Extracted material section start
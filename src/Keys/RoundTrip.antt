-- ===== src/Keys/RoundTrip.antt =====
-- `LoadKey` after `SaveKey`, and what `GenerateKeys` returns.
use dave_coin.Base.{
  ap, inl, inr, ◌⊎◌, Bool-cases, ◌⊎◌, ℕ, ◌≡◌, refl, sym, ◌∙◌, Bool, true, false, some, arith,
  if◌then◌else◌,
}
use dave_coin.Bytes.{Bytes, ok, throws, not_valid, open_error}
use dave_coin.Crypto.{Dsa, Crypto, KeyType, KeyLaws}
use dave_coin.Dict.{same_bytes, Dict, lookup, insert, lookup-insert}
use dave_coin.Keys.{generate_keys, save_key, load_key, validated}

module _ {K : Type 0} (T : KeyType K) where
  load_key-cong :
      (rng : ℕ) (j : Bytes) (files files' : Dict Bytes)
      → lookup j files ≡ lookup j files'
      → load_key T rng j files ≡ load_key T rng j files'
  unfolding load_key
  load_key-cong rng j files files' e = rw (e, load_key) refl

  load_key-found :
      (rng : ℕ) (j : Bytes) (files : Dict Bytes) (bytes : Bytes)
      → lookup j files ≡ some bytes
      → load_key T rng j files ≡ validated T rng (T.read bytes)
  unfolding load_key
  load_key-found rng j files bytes e = rw (e, load_key) refl

  -- Either `SaveKey` throws, since the file cannot be opened, or it returns, and then `LoadKey` gives back
  -- the key that was saved if it passes the validation and throws if it does not, and loads what it did
  -- before from every other file.
  pub load_key-save_key :
      (can_write : Bytes → Bool) (rng : ℕ) (filename : Bytes) (key : K) (files : Dict Bytes)
      → KeyLaws T
      → ((can_write filename ≡ false)
          × (save_key T can_write filename key files ≡ throws open_error))
        ⊎ ((files' : Dict Bytes) × (save_key T can_write filename key files ≡ ok files')
            × ((j : Bytes)
                → load_key T rng j files' ≡ (
                    if same_bytes filename j
                    then (if T.validate rng key then ok key else throws not_valid)
                    else load_key T rng j files)))
  unfolding save_key validated
  load_key-save_key can_write rng filename key files laws = elim (Bool-cases (can_write filename)) [
    | inl y ↦ inr (
      insert filename (T.write key) files,
      rw y refl,
      λ j. elim (Bool-cases (same_bytes filename j)) [
        | inl same ↦
            load_key-found rng j (insert filename (T.write key) files) (T.write key)
              (lookup-insert filename j (T.write key) files ∙ ground (arith, same))
            ∙ rw (laws.read-write key, same) refl
        | inr other ↦
            load_key-cong rng j (insert filename (T.write key) files) files
              (lookup-insert filename j (T.write key) files ∙ ground (arith, other))
            ∙ rw other refl
      ],
    )
    | inr n ↦ inl (n, rw n refl)
  ]

  -- What is in the file under `filename` decides what `LoadKey` does.
  pub load_key-lookup :
      (rng : ℕ) (filename : Bytes) (key : K) (files : Dict Bytes)
      → KeyLaws T
      → lookup filename files ≡ some (T.write key)
      → T.validate rng key ≡ true
      → load_key T rng filename files ≡ ok key
  unfolding validated
  load_key-lookup rng filename key files laws h v =
      load_key-found rng filename files _ h ∙ rw (laws.read-write key, v) refl

  pub lookup-save_key :
      (can_write : Bytes → Bool) (filename j : Bytes) (key : K) (files : Dict Bytes)
      {files' : Dict Bytes}
      → save_key T can_write filename key files ≡ ok files'
      → lookup j files' ≡ (if same_bytes filename j then some (T.write key) else lookup j files)
  unfolding save_key
  lookup-save_key can_write filename j key files h =
      ap (lookup j) (sym (saved h)) ∙ lookup-insert filename j (T.write key) files
    where
      saved :
          {files' : Dict Bytes}
          → save_key T can_write filename key files ≡ ok files'
          → insert filename (T.write key) files ≡ files'
      saved h = ground arith

module _ ⦃c : Crypto⦄ where
  -- What `GenerateKeys` returns is a key pair whose keys have passed the validation.
  pub generate_keys-pair :
      (d : Dsa) (rng rng1 rng2 : ℕ) {public_key : c.PublicKey} {private_key : c.PrivateKey}
      → generate_keys d rng rng1 rng2 ≡ ok (public_key, private_key)
      → (public_key ≡ c.public_of private_key)
        × (d.private_type.validate rng1 private_key ≡ true)
        × (d.public_type.validate rng2 public_key ≡ true)
  unfolding generate_keys
  generate_keys-pair d rng rng1 rng2 h = ground arith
Extracted material section end
▶ **Your assignment**
Could you repeat every record word for word?

▶ **Task output**
filename src/Keys/RoundTrip.antt
-- ===== src/Keys/RoundTrip.antt =====
-- `LoadKey` after `SaveKey`, and what `GenerateKeys` returns.
use dave_coin.Base.{
  ap, inl, inr, ◌⊎◌, Bool-cases, ◌⊎◌, ℕ, ◌≡◌, refl, sym, ◌∙◌, Bool, true, false, some, arith,
  if◌then◌else◌,
}
use dave_coin.Bytes.{Bytes, ok, throws, not_valid, open_error}
use dave_coin.Crypto.{Dsa, Crypto, KeyType, KeyLaws}
use dave_coin.Dict.{same_bytes, Dict, lookup, insert, lookup-insert}
use dave_coin.Keys.{generate_keys, save_key, load_key, validated}

module _ {K : Type 0} (T : KeyType K) where
  load_key-cong :
      (rng : ℕ) (j : Bytes) (files files' : Dict Bytes)
      → lookup j files ≡ lookup j files'
      → load_key T rng j files ≡ load_key T rng j files'
  unfolding load_key
  load_key-cong rng j files files' e = rw (e, load_key) refl

  load_key-found :
      (rng : ℕ) (j : Bytes) (files : Dict Bytes) (bytes : Bytes)
      → lookup j files ≡ some bytes
      → load_key T rng j files ≡ validated T rng (T.read bytes)
  unfolding load_key
  load_key-found rng j files bytes e = rw (e, load_key) refl

  -- Either `SaveKey` throws, since the file cannot be opened, or it returns, and then `LoadKey` gives back
  -- the key that was saved if it passes the validation and throws if it does not, and loads what it did
  -- before from every other file.
  pub load_key-save_key :
      (can_write : Bytes → Bool) (rng : ℕ) (filename : Bytes) (key : K) (files : Dict Bytes)
      → KeyLaws T
      → ((can_write filename ≡ false)
          × (save_key T can_write filename key files ≡ throws open_error))
        ⊎ ((files' : Dict Bytes) × (save_key T can_write filename key files ≡ ok files')
            × ((j : Bytes)
                → load_key T rng j files' ≡ (
                    if same_bytes filename j
                    then (if T.validate rng key then ok key else throws not_valid)
                    else load_key T rng j files)))
  unfolding save_key validated
  load_key-save_key can_write rng filename key files laws = elim (Bool-cases (can_write filename)) [
    | inl y ↦ inr (
      insert filename (T.write key) files,
      rw y refl,
      λ j. elim (Bool-cases (same_bytes filename j)) [
        | inl same ↦
            load_key-found rng j (insert filename (T.write key) files) (T.write key)
              (lookup-insert filename j (T.write key) files ∙ ground (arith, same))
            ∙ rw (laws.read-write key, same) refl
        | inr other ↦
            load_key-cong rng j (insert filename (T.write key) files) files
              (lookup-insert filename j (T.write key) files ∙ ground (arith, other))
            ∙ rw other refl
      ],
    )
    | inr n ↦ inl (n, rw n refl)
  ]

  -- What is in the file under `filename` decides what `LoadKey` does.
  pub load_key-lookup :
      (rng : ℕ) (filename : Bytes) (key : K) (files : Dict Bytes)
      → KeyLaws T
      → lookup filename files ≡ some (T.write key)
      → T.validate rng key ≡ true
      → load_key T rng filename files ≡ ok key
  unfolding validated
  load_key-lookup rng filename key files laws h v =
      load_key-found rng filename files _ h ∙ rw (laws.read-write key, v) refl

  pub lookup-save_key :
      (can_write : Bytes → Bool) (filename j : Bytes) (key : K) (files : Dict Bytes)
      {files' : Dict Bytes}
      → save_key T can_write filename key files ≡ ok files'
      → lookup j files' ≡ (if same_bytes filename j then some (T.write key) else lookup j files)
  unfolding save_key
  lookup-save_key can_write filename j key files h =
      ap (lookup j) (sym (saved h)) ∙ lookup-insert filename j (T.write key) files
    where
      saved :
          {files' : Dict Bytes}
          → save_key T can_write filename key files ≡ ok files'
          → insert filename (T.write key) files ≡ files'
      saved h = ground arith

module _ ⦃c : Crypto⦄ where
  -- What `GenerateKeys` returns is a key pair whose keys have passed the validation.
  pub generate_keys-pair :
      (d : Dsa) (rng rng1 rng2 : ℕ) {public_key : c.PublicKey} {private_key : c.PrivateKey}
      → generate_keys d rng rng1 rng2 ≡ ok (public_key, private_key)
      → (public_key ≡ c.public_of private_key)
        × (d.private_type.validate rng1 private_key ≡ true)
        × (d.public_type.validate rng2 public_key ≡ true)
  unfolding generate_keys
  generate_keys-pair d rng rng1 rng2 h = ground arith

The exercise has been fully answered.